The answer to what a city is seems so clear to many of us until, much like the cities themselves, we begin taking a look at their edges. The difference between a town and a city isn’t clear and there is no universally agreed upon definition of where that line can be drawn. Sure, local governments often define cities, towns, villages and the like for legal purposes that are locally subjective.
What constitutes a city is also a question that comes up every year in The Best City To Visit Travel Tournament. So it seems an appropriate time to take a look at this question in depth and find out if you’re in a town or city and whether it matters at all.
You may think cities requires certain features to be called cities. Maybe an airport or big buildings – a large population perhaps? The problem with that is many major cities around the world don’t have airports within their government-defined limits. Washington D.C. has 3 servicing the local area but none actually within the District of Columbia. Technically speaking, Stockholm, Johannesburg, and Tokyo don’t either. Quito’s Mariscal Sucre International Airport is within the city limits but occasionally planes smack into the mountain it sits on, so it’s being replaced later this year to 20km further out in Tababela.

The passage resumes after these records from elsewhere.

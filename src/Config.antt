-- ===== src/Config.antt =====
-- Load of server/internal/config/config.go. Durations count nanoseconds.
pub mod Bounds
use playwright_distributed.Base.{
  ℕ, ◌*◌, Bool, ◌&&◌, ◌||◌, Option, none, some, [], ◌∷◌, ltb, leb, ◌==◌, if◌then◌else◌, Bytes,
  is_prefix,
}

pub data ℤ : Type 0 where
  pos : ℕ → ℤ
  negsuc : ℕ → ℤ

-- The environment variables that Load reads.
pub data Variable : Type 0 where
  worker_heartbeat_ttl session_heartbeat_ttl session_heartbeat_interval : Variable
  pending_session_ttl stalled_worker_ttl rescuer_interval queue_wait_timeout : Variable
  max_queue_size max_lifetime_sessions default_browser_type worker_dial_timeout : Variable
  relay_write_timeout relay_ping_interval relay_pong_timeout shutdown_grace_period : Variable

pub data ConfigError : Type 0 where
  not_a_duration not_positive below_microsecond : Variable → ConfigError
  not_an_integer is_negative not_a_browser : Variable → ConfigError
  interval_too_long ping_too_long : ConfigError

pub data Loaded (A : Type 0) : Type 0 where
  loaded : A → Loaded A
  rejected : ConfigError → Loaded A

unfoldable pub bind : {A B : Type 0} → Loaded A → (A → Loaded B) → Loaded B
bind (loaded a) f = f a
bind (rejected e) f = rejected e

infixl 5 ◌>>=◌
abbrev pub ◌>>=◌ : {A B : Type 0} → Loaded A → (A → Loaded B) → Loaded B
◌>>=◌ m f = bind m f

abbrev pub second : ℕ
second = 1_000_000_000

pub record Config : Type 0 where
  pub worker_ttl : ℕ
  pub session_ttl : ℕ
  pub session_interval : ℕ
  pub pending_ttl : ℕ
  pub stalled_ttl : ℕ
  pub rescue_interval : ℕ
  pub queue_timeout : ℕ
  pub queue_size : ℕ
  pub lifetime_sessions : ℕ
  pub default_browser : Bytes
  pub dial_timeout : ℕ
  pub write_timeout : ℕ
  pub ping_interval : ℕ
  pub pong_timeout : ℕ
  pub shutdown_grace : ℕ

abbrev pub check_duration : Variable → Option ℤ → Loaded ℕ
check_duration name none = rejected (not_a_duration name)
check_duration name (some (negsuc n)) = rejected (not_positive name)
check_duration name (some (pos n)) =
    if n == 0
    then rejected (not_positive name)
    else if ltb n 1_000
    then rejected (below_microsecond name)
    else loaded n

abbrev check_integer : Variable → Option ℤ → Loaded ℕ
check_integer name none = rejected (not_an_integer name)
check_integer name (some (negsuc n)) = rejected (is_negative name)
check_integer name (some (pos n)) = loaded n

abbrev pub or_default : Loaded ℕ → ℕ → Bytes → Loaded ℕ
or_default value default_value [] = loaded default_value
or_default value default_value (c ∷ cs) = value

abbrev pub non_empty_or : Bytes → Bytes → Bytes
non_empty_or default_value [] = default_value
non_empty_or default_value (c ∷ cs) = c ∷ cs

abbrev bytes_eq : Bytes → Bytes → Bool
bytes_eq xs ys = is_prefix xs ys && is_prefix ys xs

abbrev pub chromium_name : Bytes
chromium_name = b'c' ∷ b'h' ∷ b'r' ∷ b'o' ∷ b'm' ∷ b'i' ∷ b'u' ∷ b'm' ∷ []

abbrev firefox_name : Bytes
firefox_name = b'f' ∷ b'i' ∷ b'r' ∷ b'e' ∷ b'f' ∷ b'o' ∷ b'x' ∷ []

abbrev webkit_name : Bytes
webkit_name = b'w' ∷ b'e' ∷ b'b' ∷ b'k' ∷ b'i' ∷ b't' ∷ []

abbrev pub is_browser_name : Bytes → Bool
is_browser_name v = bytes_eq v chromium_name || (bytes_eq v firefox_name || bytes_eq v webkit_name)

-- The parsers of the standard library, and the environment.
module _ (parse_duration parse_int : Bytes → Option ℤ) (getenv : Variable → Bytes) where
  unfoldable pub positive_duration : Variable → ℕ → Loaded ℕ
  positive_duration name default_value =
      or_default (check_duration name (parse_duration (getenv name))) default_value (getenv name)

  unfoldable pub non_negative_int : Variable → ℕ → Loaded ℕ
  non_negative_int name default_value =
      or_default (check_integer name (parse_int (getenv name))) default_value (getenv name)

  unfoldable pub browser_type : Variable → Bytes → Loaded Bytes
  browser_type name default_value =
      let value = non_empty_or default_value (getenv name) in
      if is_browser_name value then loaded value else rejected (not_a_browser name)

  unfoldable pub check_less : ℕ → ℕ → ConfigError → Loaded (Unit {0})
  check_less short long e = if leb long short then rejected e else loaded tt

  unfoldable pub load : Loaded Config
  unfolding positive_duration non_negative_int browser_type check_less
  load = do
    worker_ttl ← positive_duration worker_heartbeat_ttl (30 * second)
    session_ttl ← positive_duration session_heartbeat_ttl (30 * second)
    session_interval ← positive_duration session_heartbeat_interval (10 * second)
    order ← check_less session_interval session_ttl interval_too_long
    pending_ttl ← positive_duration pending_session_ttl (30 * second)
    stalled_ttl ← positive_duration stalled_worker_ttl (600 * second)
    rescue_interval ← positive_duration rescuer_interval (5 * second)
    queue_timeout ← positive_duration queue_wait_timeout (30 * second)
    queue_size ← non_negative_int max_queue_size 100
    lifetime_sessions ← non_negative_int max_lifetime_sessions 50
    default_browser ← browser_type default_browser_type chromium_name
    dial_timeout ← positive_duration worker_dial_timeout (10 * second)
    write_timeout ← positive_duration relay_write_timeout (30 * second)
    ping_interval ← positive_duration relay_ping_interval (20 * second)
    pong_timeout ← positive_duration relay_pong_timeout (60 * second)
    ping_order ← check_less ping_interval pong_timeout ping_too_long
    shutdown_grace ← positive_duration shutdown_grace_period (20 * second)
    loaded (record {
      worker_ttl = worker_ttl;
      session_ttl = session_ttl;
      session_interval = session_interval;
      pending_ttl = pending_ttl;
      stalled_ttl = stalled_ttl;
      rescue_interval = rescue_interval;
      queue_timeout = queue_timeout;
      queue_size = queue_size;
      lifetime_sessions = lifetime_sessions;
      default_browser = default_browser;
      dial_timeout = dial_timeout;
      write_timeout = write_timeout;
      ping_interval = ping_interval;
      pong_timeout = pong_timeout;
      shutdown_grace = shutdown_grace;
    })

Fellow at the Institute for Quantitative Social Science at Harvard University, Samuel Arbesman (I highly recommend following him on Twitter) says our concept of city sizes are very localized. That is, we tend to compare cities to only others in the same country.
“Kansas City would be the second-largest city in France. Similarly, many European cities that we think of being incredibly important and central to global affairs are not as large as they feature in our minds. Dublin, Amsterdam, and Brussels are all smaller than Cleveland, for example… Did you know, for instance, that the unoccupied section of Detroit is actually the size of the entire city of San Francisco.” [The Atlantic Cities]
Population, too, doesn’t seem to mean much when you consider that Brecksville, Ohio with its 13,000 residents, is officially a city according to the state government.
Where Does The Word City Come From And Why Governments Bother Defining It
The word “city” in English comes from the French word, cite, dating back to the 13th century. It basically meant a large town and didn’t bother distinguishing what large was – other than there might be a cathedral in nearby. For urban anthropologists, who focus their studies on city environments, their definition roughly is: a relatively large, permanent, human settlement with economic and social ties that form a community which has dependent, smaller communities surrounding it. (Sometimes those smaller communities are simply absorbed like Georgetown was into Washington D.C. in 1895.)
That’s a pretty vague but intuitive definition of a city as you can see. But governments generally don’t like being vague when it comes to taxes, legal disputes, or security forces. Therein lies the reason many governments bother defining differences between towns, cities, townships, and others.
Some countries have very specific requirements for the legal status of city (e.g. Romania), some are based primarily on population (many states of the US), and some countries have gotten rid of the distinction between city and town altogether like Sweden and France. (Polish, Urdu, and Dutch are a few that don’t even have different words for them in their languages.) Governments primarily make the distinction to determine administrative, economic, and legal jurisdiction.
In many countries, cities get less government financial aide and their local governments taxed more heavily than ‘towns’ (it’s not uncommon for towns in the UK for example to resist being given “city” status for this reason).
Technically in Turkey for example, Fethiye is not a “city” but rather a town (of 80,000 people) in the district of Mugla. (As Turkeys For Life points out, Fethiye is actually larger than Mugla; which only has a population of 60,000.) This legal set up means the Fethiye local government, for most matters, has to go through Mugla if they want funds for larger projects.
Such distinctions also help some governments decide who gets to build what road where, where you can smoke, and whose jail you’re going into if you break the law.
Recognizing It’s Pretty Subjective And Doesn’t Stop There
Of course all of this confusion which stems from the English language (or the French if you want to blame them for the word) that describes human settlements that aren’t ever clear cut. And, as I came across on Everything Everywhere’s Monday Links, the confusion about borders doesn’t stop at cities…or countries for that matter.
In the end, the lines we draw on maps are arbitrary, whether they’re around cities, towns, or continents. Much like the Inuits have multiple words for snow, some cultures have multiple words for town…and city happens to be one of them.